Work to be completed → Through the line that contains "writes = true;", return the data below exactly, starting at its first line; leave the rest out.

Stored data
___

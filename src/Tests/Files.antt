-- ===== src/Tests/Files.antt =====
-- The theorem on Load, applied to an old file with one macro.
use clip_queue.Prelude.{ℕ, Bool, true, false, String, List, [], ◌∷◌, none, some, ◌≡◌, refl, pos}
use clip_queue.Config.Types.{Macro}
use clip_queue.Config.Hotkeys.{generate_signature_from_hotkey, parse_hotkey}
use clip_queue.Config.Loading.{OldConfig, Disk, load, migrate_macros}
use clip_queue.Config.Loading.Checked.{Sound, load-Sound}

abbrev same_text : String → String
same_text s = s

abbrev two_parts : String → List String
two_parts s = "CTRL" ∷ "C" ∷ []

abbrev encode : List ℕ → String
encode bytes = "AQQCAgBDAA=="

abbrev always : String → Bool
always s = true

abbrev old_macro : Macro
old_macro = record {
  name = "";
  hotkey = "";
  signature = "";
  enabled = true;
  text = "hello";
  sequence = "";
  sequence_normalize_delays = false;
  sequence_delay_ms = pos 0;
  mode = "paste";
}

abbrev old_file : OldConfig
old_file = record {
  app = record { data_dir = "data"; silent = true; logs = false };
  hotkeys = record { toggle_queue = "Alt+C"; paste_next = "Alt+V"; toggle_queue_order = "" };
  clipboard = record {
    watch_debounce_ms = pos 1;
    paste_delay_ms = pos 2;
    restore_delay_ms = pos 3;
  };
  queue = record { default_order = "FIFO" };
  macros = ("Ctrl+C", old_macro) ∷ [];
}

abbrev old_disk : Disk
old_disk = record {
  exists = true;
  reads = some [];
  old_yaml = λ bytes. some old_file;
  new_yaml = λ bytes cfg. none;
  writes = true;
  makes_dir = true;
}

load-Sound_example :
    Sound same_text two_parts same_text encode always same_text
      (load same_text two_parts same_text encode always same_text old_disk)
load-Sound_example = load-Sound same_text two_parts same_text encode always same_text old_disk

-- The macro keeps its text and its mode, and its key becomes its name and hotkey.
migrated :
    migrate_macros same_text two_parts same_text encode always same_text
      (("Ctrl+C", old_macro) ∷ [])
    ≡ (
      none,
      record old_macro { name = "Ctrl+C"; hotkey = "Ctrl+C"; signature = "AQQCAgBDAA==" } ∷ [],
    )
unfolding migrate_macros generate_signature_from_hotkey parse_hotkey
migrated = refl
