-- ===== src/Tests/Hosting.antt =====
-- The theorems on the host of platform/windows, applied to concrete answers and settings.
use clip_queue.Prelude.{
  ℕ, zero, suc, ◌≡◌, refl, true, String, [], ◌∷◌, Option, some, none, false, ◌==◌,
}
use clip_queue.Config.Types.{Config}
use clip_queue.Config.Store.{apply_change}
use clip_queue.Input.Signature.{InputSignature, source_keyboard}
use clip_queue.Server.Settings.{Served, save_config, saved}
use clip_queue.Host.{
  Answers, Closing, new_host, start, cleanup, start_listener, start_features, after_listener,
  start_tray,
}
use clip_queue.Host.Lifecycle.{IsReleased, cleanup-start-IsReleased}
use clip_queue.Host.Reload.{Applied, save_config-Applied}
use clip_queue.Tests.Desk.{config, busy, Desk}

abbrev key : InputSignature
key = record { hash = 7; raw_data = 86 ∷ []; source_type = source_keyboard; modifier_state = 1 }

abbrev parse : String → Option InputSignature
parse s = some key

abbrev answers : Answers
answers = record {
  registers_class = true;
  creates_window = 3;
  keyboard_hook = 4;
  mouse_hook = 5;
  unhooks = λ h. true;
  adds_listener = true;
  shows_icon = true;
}

started : (start parse (config "FIFO") answers new_host).0 ≡ none
unfolding start new_host start_listener after_listener start_features start_tray
started = refl

-- Windows keeps the mouse hook and the icon.
abbrev closing : Closing
closing = record {
  unhooks = λ h. h == 4;
  removes_listener = true;
  removes_icon = false;
  destroys_window = true;
  unregisters_class = true;
}

cleanup-start-IsReleased_example :
    IsReleased closing
      (start parse (config "FIFO") answers new_host).1
      (cleanup closing (start parse (config "FIFO") answers new_host).1)
cleanup-start-IsReleased_example =
    cleanup-start-IsReleased parse (config "FIFO") answers closing started

-- A file whose first save fails.
abbrev save : Config → ℕ → Option String × ℕ
save cfg zero = (some "disk full", 1)
save cfg (suc n) = (none, suc (suc n))

abbrev served : ℕ → Served ℕ Desk
served n = record { config = config "LIFO"; file = n; sys = busy "LIFO"; reloads = 0 }

save_config-Applied_example :
    Applied parse save new_host
      (config "FIFO")
      (served 1)
      (save_config parse save true (config "FIFO") (served 1))
save_config-Applied_example = save_config-Applied parse save new_host (config "FIFO") (served 1)

saved_now : (save_config parse save true (config "FIFO") (served 1)).0 ≡ saved
unfolding save_config apply_change
saved_now = refl
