-- ===== src/Tests/Interface.antt =====
-- The theorems on the UI's server and on the worker of main.go, applied to concrete states.
use clip_queue.Prelude.{
  ◌+◌, ◌<◌, ◌≤◌, ◌≡◌, refl, Bool, true, false, String, List, [], ◌∷◌, map, reverse, arith,
}
use clip_queue.Controller.State.{Controller, new_controller}
use clip_queue.Controller.Queue.{get_history, get_queue, get_order_strategy}
use clip_queue.Controller.Paste.{has_id}
use clip_queue.Server.{build_history_dtos, history_item}
use clip_queue.Server.Next.{pastes_next, build_history_dtos-marks}
use clip_queue.Start.{new_worker, notify, Turn, worked, run_turns}
use clip_queue.Start.Notified.{run_turns-calls, notifications, turns_of_worker}
use clip_queue.Tests.Desk.{config, note}

-- Three notes, the last two in the queue.
abbrev shown : Controller
shown = record (new_controller (config "FIFO")) {
  history = note "a" ∷ note "b" ∷ note "c" ∷ [];
  queue = note "b" ∷ note "c" ∷ [];
}

build_history_dtos-marks_example :
    map {B = String × Bool × Bool} (λ d. (d.id, d.is_queued, d.is_next)) (build_history_dtos shown)
    ≡ map
        (λ item. (item.id, has_id item.id shown.queue, pastes_next shown item.id))
        (reverse shown.history)
build_history_dtos-marks_example = build_history_dtos-marks shown

-- The queue's first item is the next, and the item that is not in the queue is not marked.
shown_marks :
    map {B = String × Bool × Bool} (λ d. (d.id, d.is_queued, d.is_next)) (build_history_dtos shown)
    ≡ ("c", true, false) ∷ ("b", true, true) ∷ ("a", false, false) ∷ []
unfolding build_history_dtos get_history history_item get_queue get_order_strategy new_controller
shown_marks = refl

abbrev four_turns : List Turn
four_turns = worked ∷ worked ∷ worked ∷ worked ∷ []

enough_turns : 4 + notifications four_turns ≤ turns_of_worker four_turns
unfolding notifications turns_of_worker
enough_turns = omega arith

run_turns-calls_example : new_worker.calls < (run_turns four_turns (notify new_worker)).calls
run_turns-calls_example = run_turns-calls four_turns new_worker enough_turns
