-- ===== src/Uihost/Fallback.antt =====
-- internal/uihost/fallback.go: the window that falls back to the browser. An error is a string, and
-- a nil host is `none`. The primary and the fallback are taken to be two different hosts, as
-- `NewPreferredUIHost` makes them, so that `active == h.primary` holds as long as the fallback is not
-- in use. `W` is the state of everything outside.
pub mod Panics
pub mod Sticky
use clip_queue.Prelude.{Bool, true, false, String, List, [], ◌∷◌, Option, none, some, if◌then◌else◌}

-- What the code relies on is that a host's operations return.
pub record UiHost (W : Type 0) : Type 0 where
  pub show : W → Option String × W
  pub hide : W → Option String × W
  pub toggle : W → Option String × W
  pub focus : W → Option String × W
  pub close : W → Option String × W
  pub navigate : String → W → Option String × W

pub record FallbackUiHost (W : Type 0) : Type 0 where
  pub primary : Option (UiHost W)
  pub fallback : Option (UiHost W)
  pub use_fallback : Bool

-- A call of a method of a nil host panics.
pub data Outcome : Type 0 where
  returned : Option String → Outcome
  panicked : Outcome

unfoldable pub first_of : Option String → Option String → Option String
first_of none e = e
first_of (some e) _ = some e

module _ {W : Type 0} where
  unfoldable pub new_fallback_ui_host : Option (UiHost W) → Option (UiHost W) → FallbackUiHost W
  new_fallback_ui_host primary fallback = record {
    primary = primary;
    fallback = fallback;
    use_fallback = false;
  }

  unfoldable pub active : FallbackUiHost W → Option (UiHost W)
  active h = if h.use_fallback then h.fallback else h.primary

  -- Without the log line.
  unfoldable pub switch_to_fallback : FallbackUiHost W → FallbackUiHost W
  switch_to_fallback h = record h { use_fallback = true }

  -- The second call, on the fallback, if there is one and the first was on the primary.
  unfoldable pub retry :
      (UiHost W → W → Option String × W)
      → Option (UiHost W)
      → FallbackUiHost W
      → W
      → Outcome × FallbackUiHost W × W
  unfolding switch_to_fallback
  retry op none h w = (returned none, h, w)
  retry op (some host) h w =
      if h.use_fallback
      then (returned none, h, w)
      else (returned (op host w).0, switch_to_fallback h, (op host w).1)

  -- `if err := active.Show(); err != nil && …`, behind the call.
  unfoldable pub settle :
      (UiHost W → W → Option String × W)
      → FallbackUiHost W
      → Option String × W
      → Outcome × FallbackUiHost W × W
  unfolding retry
  settle op h (none, w) = (returned none, h, w)
  settle op h (some e, w) = retry op h.fallback h w

  unfoldable pub on_host :
      (UiHost W → W → Option String × W)
      → Option (UiHost W)
      → FallbackUiHost W
      → W
      → Outcome × FallbackUiHost W × W
  unfolding settle
  on_host op none h w = (panicked, h, w)
  on_host op (some host) h w = settle op h (op host w)

  -- `Show`, `Toggle` and `Focus`, which differ in the operation alone.
  unfoldable pub attempt :
      (UiHost W → W → Option String × W) → FallbackUiHost W → W → Outcome × FallbackUiHost W × W
  unfolding active on_host
  attempt op h w = on_host op (active h) h w

  unfoldable pub hide_host :
      Option (UiHost W) → FallbackUiHost W → W → Outcome × FallbackUiHost W × W
  hide_host none h w = (panicked, h, w)
  hide_host (some host) h w = (returned (host.hide w).0, h, (host.hide w).1)

  unfoldable pub hide : FallbackUiHost W → W → Outcome × FallbackUiHost W × W
  unfolding hide_host active
  hide h w = hide_host (active h) h w

  -- A nil host is passed over.
  unfoldable pub visit :
      (UiHost W → W → Option String × W) → Option (UiHost W) → W → Option String × W
  visit op none w = (none, w)
  visit op (some host) w = op host w

  unfoldable pub close : FallbackUiHost W → W → Outcome × FallbackUiHost W × W
  unfolding visit first_of
  close h w =
      let (e1, w1) = visit (λ host. host.close) h.primary w in
      let (e2, w2) = visit (λ host. host.close) h.fallback w1 in (returned (first_of e1 e2), h, w2)

  -- The switch, if the primary's `Navigate` failed.
  unfoldable pub switch_on : Option String → FallbackUiHost W → FallbackUiHost W
  unfolding switch_to_fallback
  switch_on none h = h
  switch_on (some e) h = switch_to_fallback h

  unfoldable pub navigate : String → FallbackUiHost W → W → Outcome × FallbackUiHost W × W
  unfolding visit switch_on
  navigate url h w =
      let (e1, w1) = visit (λ host. host.navigate url) h.primary w in
      let (e2, w2) = visit (λ host. host.navigate url) h.fallback w1 in
      (returned e2, switch_on e1 h, w2)

-- The methods, as the rest of the program calls them.
pub data Call : Type 0 where
  show toggle focus hide_it close_it : Call
  navigate_to : String → Call

module _ {W : Type 0} where
  unfoldable pub perform : Call → FallbackUiHost W → W → Outcome × FallbackUiHost W × W
  perform show h w = attempt (λ host. host.show) h w
  perform toggle h w = attempt (λ host. host.toggle) h w
  perform focus h w = attempt (λ host. host.focus) h w
  perform hide_it h w = hide h w
  perform close_it h w = close h w
  perform (navigate_to url) h w = navigate url h w

  -- A history of calls: their outcomes, and what they leave.
  unfoldable pub run : List Call → FallbackUiHost W → W → List Outcome × FallbackUiHost W × W
  run [] h w = ([], h, w)
  run (call ∷ calls) h w =
      let (outcome, h1, w1) = perform call h w in
      let (outcomes, h2, w2) = run calls h1 w1 in (outcome ∷ outcomes, h2, w2)
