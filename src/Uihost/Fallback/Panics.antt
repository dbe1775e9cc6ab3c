-- ===== src/Uihost/Fallback/Panics.antt =====
-- Which calls cannot meet a nil host.
use clip_queue.Prelude.{
  ◌≡◌, ◌≢◌, refl, ◌⊎◌, Bool, true, false, String, List, [], ◌∷◌, Option, none, some, All,
  Bool-cases, inl, inr, ◌∙◌,
}
use clip_queue.Uihost.Fallback.{
  UiHost, FallbackUiHost, Outcome, returned, panicked, active, switch_to_fallback,
  new_fallback_ui_host, retry, settle, on_host, attempt, hide, hide_host, close, switch_on,
  navigate, Call, show, toggle, focus, hide_it, close_it, navigate_to, perform, run,
}

-- Every operation but Navigate.
unfoldable pub is_window_call : Call → Bool
is_window_call (navigate_to url) = false
is_window_call _ = true

returned-panicked : (e : Option String) → returned e ≢ panicked
returned-panicked e h = cc

module _ {W : Type 0} where
  -- The active host is there.
  abbrev HasActive : FallbackUiHost W → Type 0
  HasActive h = (host : UiHost W) × (active h ≡ some host)

  -- No panic, and the fallback is still the same.
  abbrev Fine : Option (UiHost W) → Outcome × FallbackUiHost W × W → Type 0
  Fine fallback r = (r.0 ≢ panicked) × HasActive r.1 × (r.1.fallback ≡ fallback)

  retry-Fine :
      (op : UiHost W → W → Option String × W) (fallback : Option (UiHost W)) (h : FallbackUiHost W)
      (w : W)
      → h.fallback ≡ fallback
      → HasActive h
      → Fine fallback (retry op fallback h w)
  unfolding retry switch_to_fallback active
  retry-Fine op none h w e has = (returned-panicked none, has, e)
  retry-Fine op (some f) h w e has = elim (Bool-cases h.use_fallback) [
    | inl used ↦ rw used (returned-panicked none, (f, e), e)
    | inr fresh ↦ rw fresh (returned-panicked (op f w).0, (f, e), e)
  ]

  settle-Fine :
      (op : UiHost W → W → Option String × W) (h : FallbackUiHost W) (e : Option String) (w : W)
      → HasActive h
      → Fine h.fallback (settle op h (e, w))
  unfolding settle
  settle-Fine op h none w has = (returned-panicked none, has, refl)
  settle-Fine op h (some e) w has = retry-Fine op h.fallback h w refl has

  attempt-Fine :
      (op : UiHost W → W → Option String × W) (h : FallbackUiHost W) (w : W)
      → HasActive h
      → Fine h.fallback (attempt op h w)
  unfolding attempt on_host
  attempt-Fine op h w (host, e) =
      rw (attempt, e) (settle-Fine op h (op host w).0 (op host w).1 (host, e))

  hide-Fine : (h : FallbackUiHost W) (w : W) → HasActive h → Fine h.fallback (hide h w)
  unfolding hide hide_host
  hide-Fine h w (host, e) = rw (hide, e) (returned-panicked (host.hide w).0, (host, e), refl)

  -- The call does not switch to a host that is not there.
  abbrev pub IsSafe : Option (UiHost W) → Call → Type 0
  IsSafe fallback call = (is_window_call call ≡ true) ⊎ ((host : UiHost W) × (fallback ≡ some host))

  switch_on-Fine :
      (failed e : Option String) (url : String) (h : FallbackUiHost W) (w : W)
      → HasActive h
      → IsSafe h.fallback (navigate_to url)
      → Fine h.fallback (returned e, switch_on failed h, w)
  unfolding switch_on switch_to_fallback active is_window_call
  switch_on-Fine none e url h w has safe = (returned-panicked e, has, refl)
  switch_on-Fine (some bad) e url h w has (inl window) = cc
  switch_on-Fine (some bad) e url h w has (inr there) = (returned-panicked e, there, refl)

  perform-Fine :
      (call : Call) (h : FallbackUiHost W) (w : W)
      → HasActive h
      → IsSafe h.fallback call
      → Fine h.fallback (perform call h w)
  unfolding perform close navigate
  perform-Fine show h w has safe = attempt-Fine _ h w has
  perform-Fine toggle h w has safe = attempt-Fine _ h w has
  perform-Fine focus h w has safe = attempt-Fine _ h w has
  perform-Fine hide_it h w has safe = hide-Fine h w has
  perform-Fine close_it h w has safe = (returned-panicked _, has, refl)
  perform-Fine (navigate_to url) h w has safe =
      switch_on-Fine _ _ url h (perform (navigate_to url) h w).2 has safe

  run-Fine :
      (calls : List Call) (h : FallbackUiHost W) (fallback : Option (UiHost W)) (w : W)
      → HasActive h
      → h.fallback ≡ fallback
      → All (IsSafe fallback) calls
      → All (λ outcome. outcome ≢ panicked) (run calls h w).0
  unfolding run
  run-Fine [] h fallback w has e safe = tt
  run-Fine (call ∷ calls) h fallback w has e (this, safe) =
      let (fine, has', e') = perform-Fine call h w has (rw e this) in
      (fine, run-Fine calls (perform call h w).1 fallback (perform call h w).2 has' (e' ∙ e) safe)

  -- A host that is made with a primary: whatever fails, no call of any history panics, if there is a
  -- fallback too or no call is Navigate.
  pub run-panicked :
      (p : UiHost W) (fallback : Option (UiHost W)) (calls : List Call) (w : W)
      → All (IsSafe fallback) calls
      → All (λ outcome. outcome ≢ panicked) (run calls (new_fallback_ui_host (some p) fallback) w).0
  unfolding new_fallback_ui_host active
  run-panicked p fallback calls w safe =
      run-Fine calls (new_fallback_ui_host (some p) fallback) fallback w (p, refl) refl safe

___

Result below →
filename src/Tests/Files.antt
-- ===== src/Tests/Files.antt =====
-- The theorem on Load, applied to an old file with one macro.
use clip_queue.Prelude.{ℕ, Bool, true, false, String, List, [], ◌∷◌, none, some, ◌≡◌, refl, pos}
use clip_queue.Config.Types.{Macro}
use clip_queue.Config.Hotkeys.{generate_signature_from_hotkey, parse_hotkey}
use clip_queue.Config.Loading.{OldConfig, Disk, load, migrate_macros}
use clip_queue.Config.Loading.Checked.{Sound, load-Sound}

abbrev same_text : String → String
same_text s = s

abbrev two_parts : String → List String
two_parts s = "CTRL" ∷ "C" ∷ []

abbrev encode : List ℕ → String
encode bytes = "AQQCAgBDAA=="

abbrev always : String → Bool
always s = true

abbrev old_macro : Macro
old_macro = record {
  name = "";
  hotkey = "";
  signature = "";
  enabled = true;
  text = "hello";
  sequence = "";
  sequence_normalize_delays = false;
  sequence_delay_ms = pos 0;
  mode = "paste";
}

abbrev old_file : OldConfig
old_file = record {
  app = record { data_dir = "data"; silent = true; logs = false };
  hotkeys = record { toggle_queue = "Alt+C"; paste_next = "Alt+V"; toggle_queue_order = "" };
  clipboard = record {
    watch_debounce_ms = pos 1;
    paste_delay_ms = pos 2;
    restore_delay_ms = pos 3;
  };
  queue = record { default_order = "FIFO" };
  macros = ("Ctrl+C", old_macro) ∷ [];
}

abbrev old_disk : Disk
old_disk = record {
  exists = true;
  reads = some [];
  old_yaml = λ bytes. some old_file;
  new_yaml = λ bytes cfg. none;
  writes = true;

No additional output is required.